### REQUIREMENT
From the line that contains "abbrev open_conn : List ℕ → Conn" through the line that contains "abbrev next_connection : List", output every line of the listing below exactly and leave out all the rest.

### GIVEN DATA
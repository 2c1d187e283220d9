-- ===== src/Http/Tests.antt =====
-- The HTTP client on small inputs. A connection is what the peer sends; the network is the list of the
-- connections that dialling gives.
use deskaone_sdk.Shared.{ℕ, ◌*◌, ◌≡◌, ◌↔◌, ◌⊎◌, refl, true, false, arith}
use deskaone_sdk.Shared.{none, some, Result, ok, err, List, [], ◌∷◌, ◌++◌}
use deskaone_sdk.Shared.Int.{pos, ltb_ℤ}
use deskaone_sdk.Shared.Text.{codes, text_eq, trim_space, trim_front, trim_back, space_size}
use deskaone_sdk.Shared.Text.{
  itoa, digits, to_lower, lower_from, to_upper, upper_from, has_prefix, index_of,
}
use deskaone_sdk.Shared.Words.{equal_fold, fold_from, fields_from, atoi, parse_digits}
use mathlib.Core.Option.{bind}
use deskaone_sdk.Wire.{Conn, IoError, read_some, write}
use deskaone_sdk.Tcp.{TcpClient, write_full, write_loop}
use deskaone_sdk.Tcp
use deskaone_sdk.Http.{
  HttpRequest, HttpResponse, HttpError, dial_error, names, get_header, next_redirect_request,
  turns_into_get, without_body, remove_header, has_header, is_redirect_status,
}
use deskaone_sdk.Http.Lines.{
  parse_http_status_code, read_http_line, read_http_headers, read_header_lines, cut_line,
  trim_breaks, drop_breaks, add_header, header_line,
}
use deskaone_sdk.Http.Body.{
  read_all, read_raw, build_http_body_reader, parse_hex, hex_digits, size_text, failed,
}
use deskaone_sdk.Http.Requests.{
  build_raw_http_request, default_headers, write_header_if_missing, write_headers,
}
use deskaone_sdk.Http.Exchange.{
  exchange, answer_head, lines_of, wrap_decompress_reader, HttpClient, HttpStreamResponse, Outside,
}
use deskaone_sdk.Http.Client.{Network}
use deskaone_sdk.Http.Attempts.{do_request, response_code, all_attempts, attempts}
use deskaone_sdk.Http.Client.{
  do_with_redirects, follow, do_once, do_stream_once, read_response, read_limited, read_body,
  port_of, resolve_redirect_url, is_final,
}
use deskaone_sdk.Http.Attempts.Counts.{Counts}
use deskaone_sdk.Http.Attempts.Trace.{Reports, do_request-Reports}
use deskaone_sdk.Http.Attempts.Nothing.{do_request-none_iff}
use deskaone_sdk.Http.Attempts.Final.{do_request-final}
use deskaone_sdk.Http.Redirects.{BecomesGet, Redirected, next_redirect_request-Redirected}
use deskaone_sdk.Http.Body.Chunks.{Chunk, IsChunk, reader}
use deskaone_sdk.Http.Client.Bodies.{
  in_chunks, Returns, read_response-chunks, read_response_truncated,
}

third_word : parse_http_status_code (codes "HTTP/1.1 404 Not Found") ≡ ok (pos 404)
unfolding parse_http_status_code fields_from space_size atoi parse_digits bind
third_word = refl

same_header_twice :
    header_line (codes "Via: b") (header_line (codes "Via: a") [])
    ≡ (codes "Via", codes "a, b") ∷ []
unfolding header_line add_header index_of has_prefix trim_space trim_front trim_back space_size
    text_eq
same_header_twice = refl

size_with_extension : parse_hex (size_text (codes "1F ;name=x")) ≡ some (pos 31)
unfolding parse_hex size_text hex_digits index_of has_prefix trim_space trim_front trim_back
    space_size bind
size_with_extension = refl

abbrev posted : HttpRequest
posted = record {
  method = codes "post";
  url = codes "http://a/";
  headers =
      (codes "host", codes "a")
      ∷ (codes "content-type", codes "text/plain")
      ∷ (codes "Authorization", codes "secret")
      ∷ [];
  body = codes "x";
}

moved : next_redirect_request posted (codes "http://b/") (pos 302) ≡ record {
  method = codes "GET";
  url = codes "http://b/";
  headers = (codes "Authorization", codes "secret") ∷ [];
  body = [];
}
unfolding next_redirect_request turns_into_get without_body remove_header names equal_fold fold_from
    has_prefix text_eq trim_space trim_front trim_back space_size to_upper upper_from
moved = refl

next_redirect_request-Redirected_example :
    (BecomesGet (pos 302) posted.method
      × Redirected true posted
          (codes "http://b/")
          (codes "Authorization")
          (next_redirect_request posted (codes "http://b/") (pos 302)))
    ⊎ (¬ BecomesGet (pos 302) posted.method
        × Redirected false posted
            (codes "http://b/")
            (codes "Content-Type")
            (next_redirect_request posted (codes "http://b/") (pos 302)))
unfolding equal_fold fold_from has_prefix text_eq
next_redirect_request-Redirected_example =
    next_redirect_request-Redirected posted (codes "http://b/") (pos 302) (codes "Authorization")
      (codes "Content-Type") (refl, (refl, (refl, tt))) (refl, tt)

abbrev open_conn : List ℕ → Conn
open_conn input = record {
  input = input;
  cuts = 4 ∷ 0 ∷ 9 ∷ [];
  at_end = IoError.eof;
  sent = [];
  room = 4096;
  read_deadline = true;
  write_deadline = false;
  is_closed = false;
}

abbrev tcp : List ℕ → TcpClient
tcp input = record { conn = open_conn input; has_timeout = true; is_closed = false }

abbrev next_connection : List TcpClient → Result HttpError TcpClient × List TcpClient
next_connection [] = (err (dial_error true (codes "i/o timeout")), [])
next_connection (c ∷ cs) = (ok c, cs)

abbrev outside : Outside (List TcpClient) (Unit {0})
outside = record {
  parse_url = λ s. ok (record {
    scheme = codes "http";
    host = codes "a:80";
    hostname = codes "a";
    port = codes "80";
    request_uri = s;
  });
  resolve_reference = λ base next. next.request_uri;
  quote = λ s. b'"' ∷ s ++ (b'"' ∷ []);
  dial = λ host port is_tls cs. next_connection cs;
  wait = λ cs. (none, cs);
  open_gzip = λ s. (ok tt, s);
  open_deflate = tt;
  decode = λ n u s. (failed (dial_error false []), u, s);
}

abbrev sizes : ℕ → ℕ
sizes n = 2 * n

abbrev telling : HttpClient
telling = record {
  has_timeout = true;
  has_picker = false;
  user_agent = [];
  max_redirects = pos 3;
  max_retries = pos 2;
  has_retry_delay = true;
  auto_decompress = true;
  max_body_size = pos 0;
  has_debug = true;
}

abbrev answers : Network (List TcpClient)
answers = record {
  world =
      tcp (codes "HTTP/1.1 302 Found\r\nLocation: /x\r\n\r\n")
      ∷ tcp (codes "HTTP/1.1 200 OK\r\nContent-Length: 2\r\n\r\nhi")
      ∷ [];
  dialled = 0;
  given_up = [];
  debugged = [];
}

abbrev found : HttpResponse
found = record {
  status_code = pos 200;
  status = codes "HTTP/1.1 200 OK";
  headers = (codes "Content-Length", codes "2") ∷ [];
  body = codes "hi";
}

follows_redirect :
    (do_request outside sizes 64 (some telling) (some posted) answers).0 ≡ ok (some found)
unfolding do_request all_attempts attempts do_with_redirects follow do_once do_stream_once exchange
    read_response read_limited read_body port_of resolve_redirect_url is_final read_all read_raw
    wrap_decompress_reader read_some write_full write_loop read_http_line read_http_headers
    read_header_lines cut_line trim_breaks drop_breaks build_http_body_reader get_header names
    is_redirect_status parse_http_status_code fields_from space_size atoi parse_digits bind text_eq
    header_line add_header index_of has_prefix trim_space trim_front trim_back equal_fold fold_from
    to_lower lower_from next_redirect_request turns_into_get without_body remove_header to_upper
    upper_from write Tcp.write build_raw_http_request default_headers write_header_if_missing
    has_header itoa digits write_headers answer_head lines_of
follows_redirect = refl

do_request-final_example :
    (is_redirect_status found.status_code ≡ false)
    ⊎ (get_header found.headers (codes "Location") ≡ [])
do_request-final_example =
    do_request-final outside sizes 64 telling posted answers found follows_redirect

do_request-Reports_example :
    Reports outside
      (response_code outside sizes 64)
      telling
      posted
      (do_with_redirects outside sizes 64 telling posted)
      3
      0
      3
      answers
      (do_request outside sizes 64 (some telling) (some posted) answers)
do_request-Reports_example = do_request-Reports outside sizes 64 telling posted answers 2 refl refl

do_request-none_iff_example :
    ((do_request outside sizes 64 (some telling) (some posted) answers).0 ≡ ok none)
    ↔ (ltb_ℤ (pos 2) (pos 0) ≡ true)
do_request-none_iff_example = do_request-none_iff outside sizes 64 telling posted answers

abbrev chunk : List ℕ → List ℕ → Chunk
chunk line bytes = record { line = line; bytes = bytes }

abbrev two_chunks : List Chunk
two_chunks = chunk (codes "3;x=1") (codes "abc") ∷ chunk (codes "0b") (codes "hello world") ∷ []

first : IsChunk (chunk (codes "3;x=1") (codes "abc"))
unfolding parse_hex size_text hex_digits index_of has_prefix trim_space trim_front trim_back
    space_size bind
first = record { plain = ground arith; size = refl; nonempty = λ e. cc }

second : IsChunk (chunk (codes "0b") (codes "hello world"))
unfolding parse_hex size_text hex_digits index_of has_prefix trim_space trim_front trim_back
    space_size bind
second = record { plain = ground arith; size = refl; nonempty = λ e. cc }

abbrev streamed : List ℕ → HttpStreamResponse (Unit {0})
streamed input = record {
  status_code = pos 200;
  status = codes "HTTP/1.1 200 OK";
  headers = [];
  body = in_chunks outside sizes 64 (reader 0);
  client = tcp input;
}

read_response-chunks_example :
    Returns outside sizes 64 telling
      (streamed (codes "3;x=1\r\nabc\r\n0b\r\nhello world\r\n0\r\nEtag: 1\r\n\r\n"))
      answers
      (codes "abchello world")
unfolding parse_hex size_text hex_digits index_of has_prefix trim_space trim_front trim_back
    space_size bind
read_response-chunks_example =
    read_response-chunks outside sizes 64 telling
      (streamed (codes "3;x=1\r\nabc\r\n0b\r\nhello world\r\n0\r\nEtag: 1\r\n\r\n")) answers
      two_chunks (codes "0") [] (codes "Etag: 1" ∷ []) refl refl refl refl (first, (second, tt))
      (ground arith) refl ((ground arith, λ e. cc), tt) (omega arith)

read_response_truncated_example :
    Returns outside sizes 64 telling
      (streamed (codes "3;x=1\r\nabc\r\n0b\r\nhello world\r\n"))
      answers
      (codes "abchello world")
unfolding parse_hex size_text hex_digits index_of has_prefix trim_space trim_front trim_back
    space_size bind
read_response_truncated_example =
    read_response_truncated outside sizes 64 telling
      (streamed (codes "3;x=1\r\nabc\r\n0b\r\nhello world\r\n")) answers two_chunks refl refl refl
      refl refl (first, (second, tt)) (omega arith)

### ANSWER TO THIS EXERCISE
abbrev open_conn : List ℕ → Conn
open_conn input = record {
  input = input;
  cuts = 4 ∷ 0 ∷ 9 ∷ [];
  at_end = IoError.eof;
  sent = [];
  room = 4096;
  read_deadline = true;
  write_deadline = false;
  is_closed = false;
}

abbrev tcp : List ℕ → TcpClient
tcp input = record { conn = open_conn input; has_timeout = true; is_closed = false }

abbrev next_connection : List TcpClient → Result HttpError TcpClient × List TcpClient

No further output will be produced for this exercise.